● What you should do
Search the entries for the word "MemStorage". Copy every line that holds it.

● Stored records
»»

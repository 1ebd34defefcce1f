-- ===== src/Pbft/Service/Arrival.antt =====
-- What becomes of an operation that comes in: it is stored, or it was stored before, and then the loop
-- takes its course.
use bluzelle.Base.{
  ℕ, zero, suc, ◌^◌, ◌≤◌, ◌<◌, ◌≡◌, refl, sym, ap, ◌∙◌, true, false, List, [], ◌∷◌, Option, none,
  some, All-map, ltb, if◌then◌else◌, arith, Bool-cases, Option-cases, inl, inr, none-ne-some,
}
use mathlib.Core.Option.{some-injective}
use bluzelle.Bytes.{Bytes, size, bytes_eq}
use bluzelle.Bytes.Order.{bytes_eq_iff, number_ordered}
use bluzelle.Map.{insert}
use bluzelle.Map.Laws.{lookup-insert}
use bluzelle.Storage.{StorageResult, ok, exists, create, max_value_size, max_key_size}
use bluzelle.Storage.Lookup.{read-create, create_result}
use bluzelle.Pbft.Operation.{Envelope, Operation, get_database_msg, has_db_request, holds_database}
use bluzelle.Pbft.Service.{to_string, CrudBase, Wire, Service, apply_operation}
use bluzelle.Pbft.Service.Keys.{to_string_injective, length-to_string}
use bluzelle.Pbft.Service.Queue.{ReadsBack, Known, at_number, IsKept, IsQueued, Ends}
use bluzelle.Pbft.Service.Loop.{self, IsDrained, process_awaiting_operations-Ends}

requested :
    {D C : Type 0} (o : Operation D C) (d : D)
    → get_database_msg o ≡ some d
    → (o.parsed_db ≡ d) × ((e : Envelope) × (o.request ≡ some e))
unfolding get_database_msg has_db_request
requested o d h = elim (Option-cases o.request) [
  | inl e ↦
      absurd
        (none-ne-some (sym (ap (λ r. if holds_database r then some o.parsed_db else none) e) ∙ h))
  | inr (env, e) ↦ elim (Bool-cases (holds_database o.request)) [
    | inl z ↦ (
      some-injective o.parsed_db d (sym (ap (λ b. if b then some o.parsed_db else none) z) ∙ h),
      (env, e),
    )
    | inr z ↦ absurd (none-ne-some (sym (ap (λ b. if b then some o.parsed_db else none) z) ∙ h))
  ]
]

module _ {K D C : Type 0} (wire : Wire D) (base : CrudBase K D) where
  -- The service as it is before the loop of `apply_operation`.
  abbrev queued : Operation D C → Option ℕ → D → Service K D C → Service K D C
  queued o session d s = record s {
    unstable_storage =
        (create s.unstable_storage s.uuid (to_string o.sequence) (wire.serialize d)).0;
    operations_awaiting_result = insert o.sequence (o, session) s.operations_awaiting_result;
  }

  at_number-queued :
      (o : Operation D C) (session : Option ℕ) (d : D) (s : Service K D C) (n : ℕ)
      → (create s.unstable_storage s.uuid (to_string o.sequence) (wire.serialize d)).1 ≡ ok
      → at_number (queued o session d s) n ≡ (
          if bytes_eq (to_string o.sequence) (to_string n)
          then some (wire.serialize d)
          else at_number s n)
  at_number-queued o session d s n e =
      read-create s.unstable_storage s.uuid (to_string o.sequence) (wire.serialize d) s.uuid
        (to_string n)
      ∙ rw (e, self s.uuid) refl

  Known-queued :
      (o : Operation D C) (session : Option ℕ) (d : D) (s : Service K D C) (n : ℕ) (v : Bytes)
      → (create s.unstable_storage s.uuid (to_string o.sequence) (wire.serialize d)).1 ≡ ok
      → get_database_msg o ≡ some d
      → o.sequence < 2 ^ 64
      → n < 2 ^ 64
      → (at_number s n ≡ some v → Known wire base s.operations_awaiting_result n v)
      → at_number (queued o session d s) n ≡ some v
      → Known wire base (insert o.sequence (o, session) s.operations_awaiting_result) n v
  Known-queued o session d s n v e g small small' h f =
      elim (Bool-cases (bytes_eq (to_string o.sequence) (to_string n))) [
        | inl z ↦
            let same : o.sequence ≡ n =
              to_string_injective o.sequence n small small'
                ((bytes_eq_iff (to_string o.sequence) (to_string n)).0 z) in
            let (parsed, (env, r)) = requested o d g in
            record {
              operation = (o, session);
              envelope = env;
              found =
                  lookup-insert o.sequence n (o, session) s.operations_awaiting_result
                  ∙ rw ((number_ordered.eq_iff o.sequence n).1 same) refl;
              sequence = same;
              request = r;
              stored =
                  sym (
                    some-injective (wire.serialize d) v
                      (sym (at_number-queued o session d s n e ∙ rw z refl) ∙ f))
                  ∙ ap wire.serialize (sym parsed);
            }
        | inr z ↦
            let k = h (sym (at_number-queued o session d s n e ∙ rw z refl) ∙ f) in
            let other : (bluzelle.Base.◌==◌ o.sequence n) ≡ false =
              elim (Bool-cases (bluzelle.Base.◌==◌ o.sequence n)) [
                | inl y ↦ absurd (
                    cc (
                      sym z
                      ∙ (bytes_eq_iff (to_string o.sequence) (to_string n)).1
                          (ap to_string ((number_ordered.eq_iff o.sequence n).0 y))))
                | inr y ↦ y
              ] in
            record {
              operation = k.operation;
              envelope = k.envelope;
              found =
                  lookup-insert o.sequence n (o, session) s.operations_awaiting_result
                  ∙ rw other k.found;
              sequence = k.sequence;
              request = k.request;
              stored = k.stored;
            }
      ]

  stored_result :
      (s : Service K D C) (o : Operation D C) (d : D)
      → size (wire.serialize d) ≤ max_value_size
      → (create s.unstable_storage s.uuid (to_string o.sequence) (wire.serialize d)).1
        ≡ elim (at_number s o.sequence) as (λ _. StorageResult) [ none ↦ ok | some _ ↦ exists ]
  stored_result s o d fits =
      let value : ltb max_value_size (size (wire.serialize d)) ≡ false = ground (arith, fits) in
      let key : ltb max_key_size (size (to_string o.sequence)) ≡ false =
        ground (arith, length-to_string o.sequence) in
      create_result s.unstable_storage s.uuid (to_string o.sequence) (wire.serialize d)
      ∙ rw (value, key) refl

  IsKept-queued :
      (o : Operation D C) (session : Option ℕ) (d : D) (s : Service K D C) (n i : ℕ)
      → (create s.unstable_storage s.uuid (to_string o.sequence) (wire.serialize d)).1 ≡ ok
      → IsKept n s i
      → IsKept n (queued o session d s) i
  IsKept-queued o session d s n i e (small, inr le) = (small, inr le)
  IsKept-queued o session d s n i e (small, inl (w, f)) =
      elim (Bool-cases (bytes_eq (to_string o.sequence) (to_string i))) [
        | inl z ↦ (small, inl (wire.serialize d, at_number-queued o session d s i e ∙ rw z refl))
        | inr z ↦ (small, inl (w, at_number-queued o session d s i e ∙ rw z f))
      ]

  queued-IsQueued :
      (start : K) (n : ℕ) (asked : List ℕ) (o : Operation D C) (session : Option ℕ) (d : D)
      (s : Service K D C)
      → IsQueued wire base start n asked s
      → get_database_msg o ≡ some d
      → o.sequence < 2 ^ 64
      → (create s.unstable_storage s.uuid (to_string o.sequence) (wire.serialize d)).1 ≡ ok
      → IsQueued wire base start n (o.sequence ∷ asked) (queued o session d s)
  queued-IsQueued start n asked o session d s q g small e = record {
    executed = q.executed;
    next = q.next;
    known = λ k v small' f. Known-queued o session d s k v e g small small' (q.known k v small') f;
    kept = (
      (
        small,
        inl (
          wire.serialize d,
          at_number-queued o session d s o.sequence e ∙ rw (self (to_string o.sequence)) refl,
        ),
      ),
      All-map (IsKept n s) (IsKept n (queued o session d s)) asked
          (λ i h. IsKept-queued o session d s n i e h) q.kept,
    );
  }

  pub apply_operation-Ends :
      (start : K) (asked : List ℕ) (o : Operation D C) (session : Option ℕ) (d : D)
      (s : Service K D C)
      → ReadsBack wire
      → IsDrained wire base start asked s
      → get_database_msg o ≡ some d
      → size (wire.serialize d) ≤ max_value_size
      → o.sequence < 2 ^ 64
      → Ends wire base
          (IsDrained wire base start (o.sequence ∷ asked))
          (apply_operation wire base (o, session) s)
  unfolding apply_operation
  apply_operation-Ends start asked o session d s back (n, q, idle) g fits small =
      elim (Option-cases (at_number s o.sequence)) [
        | inl e ↦
            let created : (create s.unstable_storage s.uuid (to_string o.sequence)
                  (wire.serialize d)).1
                ≡ ok =
              stored_result s o d fits ∙ rw e refl in
            rw (apply_operation, g, created)
              (process_awaiting_operations-Ends wire base start n (o.sequence ∷ asked)
                (queued o session d s) back
                (queued-IsQueued start n asked o session d s q g small created))
        | inr (w, e) ↦
            let there : (create s.unstable_storage s.uuid (to_string o.sequence)
                  (wire.serialize d)).1
                ≡ exists =
              stored_result s o d fits ∙ rw e refl in
            rw (apply_operation, g, there)
              (
                n,
                record {
                  executed = q.executed;
                  next = q.next;
                  known = q.known;
                  kept = ((small, inl (w, e)), q.kept);
                },
                idle,
              )
      ]
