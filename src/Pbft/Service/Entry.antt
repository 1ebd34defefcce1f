-- ===== src/Pbft/Service/Entry.antt =====
-- The other calls of the service: the start, and the messages that go past the queue.
use bluzelle.Base.{
  ℕ, ◌≡◌, refl, sym, ◌∙◌, Bool, false, List, [], Option, none, ltb, arith, Bool-cases, inl, inr,
  none-ne-some,
}
use bluzelle.Bytes.{Bytes, size}
use bluzelle.Storage.{MemStorage, ok, read, create, max_value_size}
use bluzelle.Storage.Lookup.{read-create, create_result}
use bluzelle.Pbft.Operation.{Payload, Envelope}
use bluzelle.Pbft.Service.{
  to_string, next_request_sequence_key, CrudBase, Wire, Service, apply_operation_now, new_service,
  load_next_request_sequence,
}
use bluzelle.Pbft.Service.Keys.{length-to_string}
use bluzelle.Pbft.Service.Queue.{nothing, direct, Ends}
use bluzelle.Pbft.Service.Loop.{self, not_number, IsDrained}

-- The wire while these sessions are open.
abbrev pub while : {D : Type 0} → Wire D → (ℕ → Bool) → Wire D
while wire alive = record wire { is_open = alive }

module _ {K D : Type 0} (C : Type 0) (wire : Wire D) (base : CrudBase K D) where
  pub new_service-Ends :
      (uuid : Bytes) (storage : MemStorage) (start : K)
      → ((key : Bytes) → read storage uuid key ≡ none)
      → Ends wire base
          (IsDrained {C = C} wire base start [])
          (new_service wire base uuid storage start)
  unfolding new_service load_next_request_sequence
  new_service-Ends uuid storage start empty =
      let r = create storage uuid next_request_sequence_key (to_string 1) in
      let value : ltb max_value_size (size (to_string 1)) ≡ false =
        ground (arith, length-to_string 1) in
      let made : r.1 ≡ ok =
        create_result storage uuid next_request_sequence_key (to_string 1)
        ∙ rw (value, empty next_request_sequence_key) refl in
      let still : (n : ℕ) → read r.0 uuid (to_string n) ≡ none = λ n.
        read-create storage uuid next_request_sequence_key (to_string 1) uuid (to_string n)
        ∙ rw (made, not_number n, self uuid) (empty (to_string n)) in
      rw (new_service, load_next_request_sequence, empty next_request_sequence_key, made)
        (
          0,
          record {
            executed = nothing;
            next = omega arith;
            known = λ k v small f. absurd (none-ne-some (sym (still k) ∙ f));
            kept = tt;
          },
          still 1,
        )

module _ {K D C : Type 0} (wire : Wire D) (base : CrudBase K D) where
  pub apply_operation_now-Ends :
      (start : K) (asked : List ℕ) (e : Envelope) (session : Option ℕ) (s : Service K D C)
      → IsDrained wire base start asked s
      → Ends wire base
          (IsDrained wire base start asked)
          (apply_operation_now wire base e session s).0
  unfolding apply_operation_now
  apply_operation_now-Ends start asked e session s (n, q, idle) =
      let text = elim e.payload as (λ _. Bytes) [ Payload.database_msg t ↦ t | _ ↦ [] ] in
      let msg = (wire.parse_db text).0 in
      elim (Bool-cases (wire.parse_db text).1) [
        | inr z ↦ rw (apply_operation_now, z) (n, q, idle)
        | inl z ↦ elim (Bool-cases (wire.is_direct msg)) [
          | inr y ↦ rw (apply_operation_now, z, y) (n, q, idle)
          | inl y ↦ elim (Bool-cases (base.handle_request e.sender msg session s.crud).1) [
            | inr x ↦ rw (apply_operation_now, z, y, x) refl
            | inl x ↦
                rw (apply_operation_now, z, y, x)
                  (
                    n,
                    record {
                      executed = direct e.sender msg session y q.executed;
                      next = q.next;
                      known = q.known;
                      kept = q.kept;
                    },
                    idle,
                  )
          ]
        ]
      ]

  pub while-IsDrained :
      (alive still_alive : ℕ → Bool) (start : K) (asked : List ℕ) (s : Service K D C)
      → IsDrained (while wire alive) base start asked s
      → IsDrained (while wire still_alive) base start asked s
  while-IsDrained alive still_alive start asked s (n, q, idle) = (
    n,
    record {
      executed = q.executed;
      next = q.next;
      known = λ k v small f.
          let h = q.known k v small f in
          record {
            operation = h.operation;
            envelope = h.envelope;
            found = h.found;
            sequence = h.sequence;
            request = h.request;
            stored = h.stored;
          };
      kept = q.kept;
    },
    idle,
  )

««

● Answer for this exercise
use bluzelle.Storage.{MemStorage, ok, read, create, max_value_size}
      (uuid : Bytes) (storage : MemStorage) (start : K)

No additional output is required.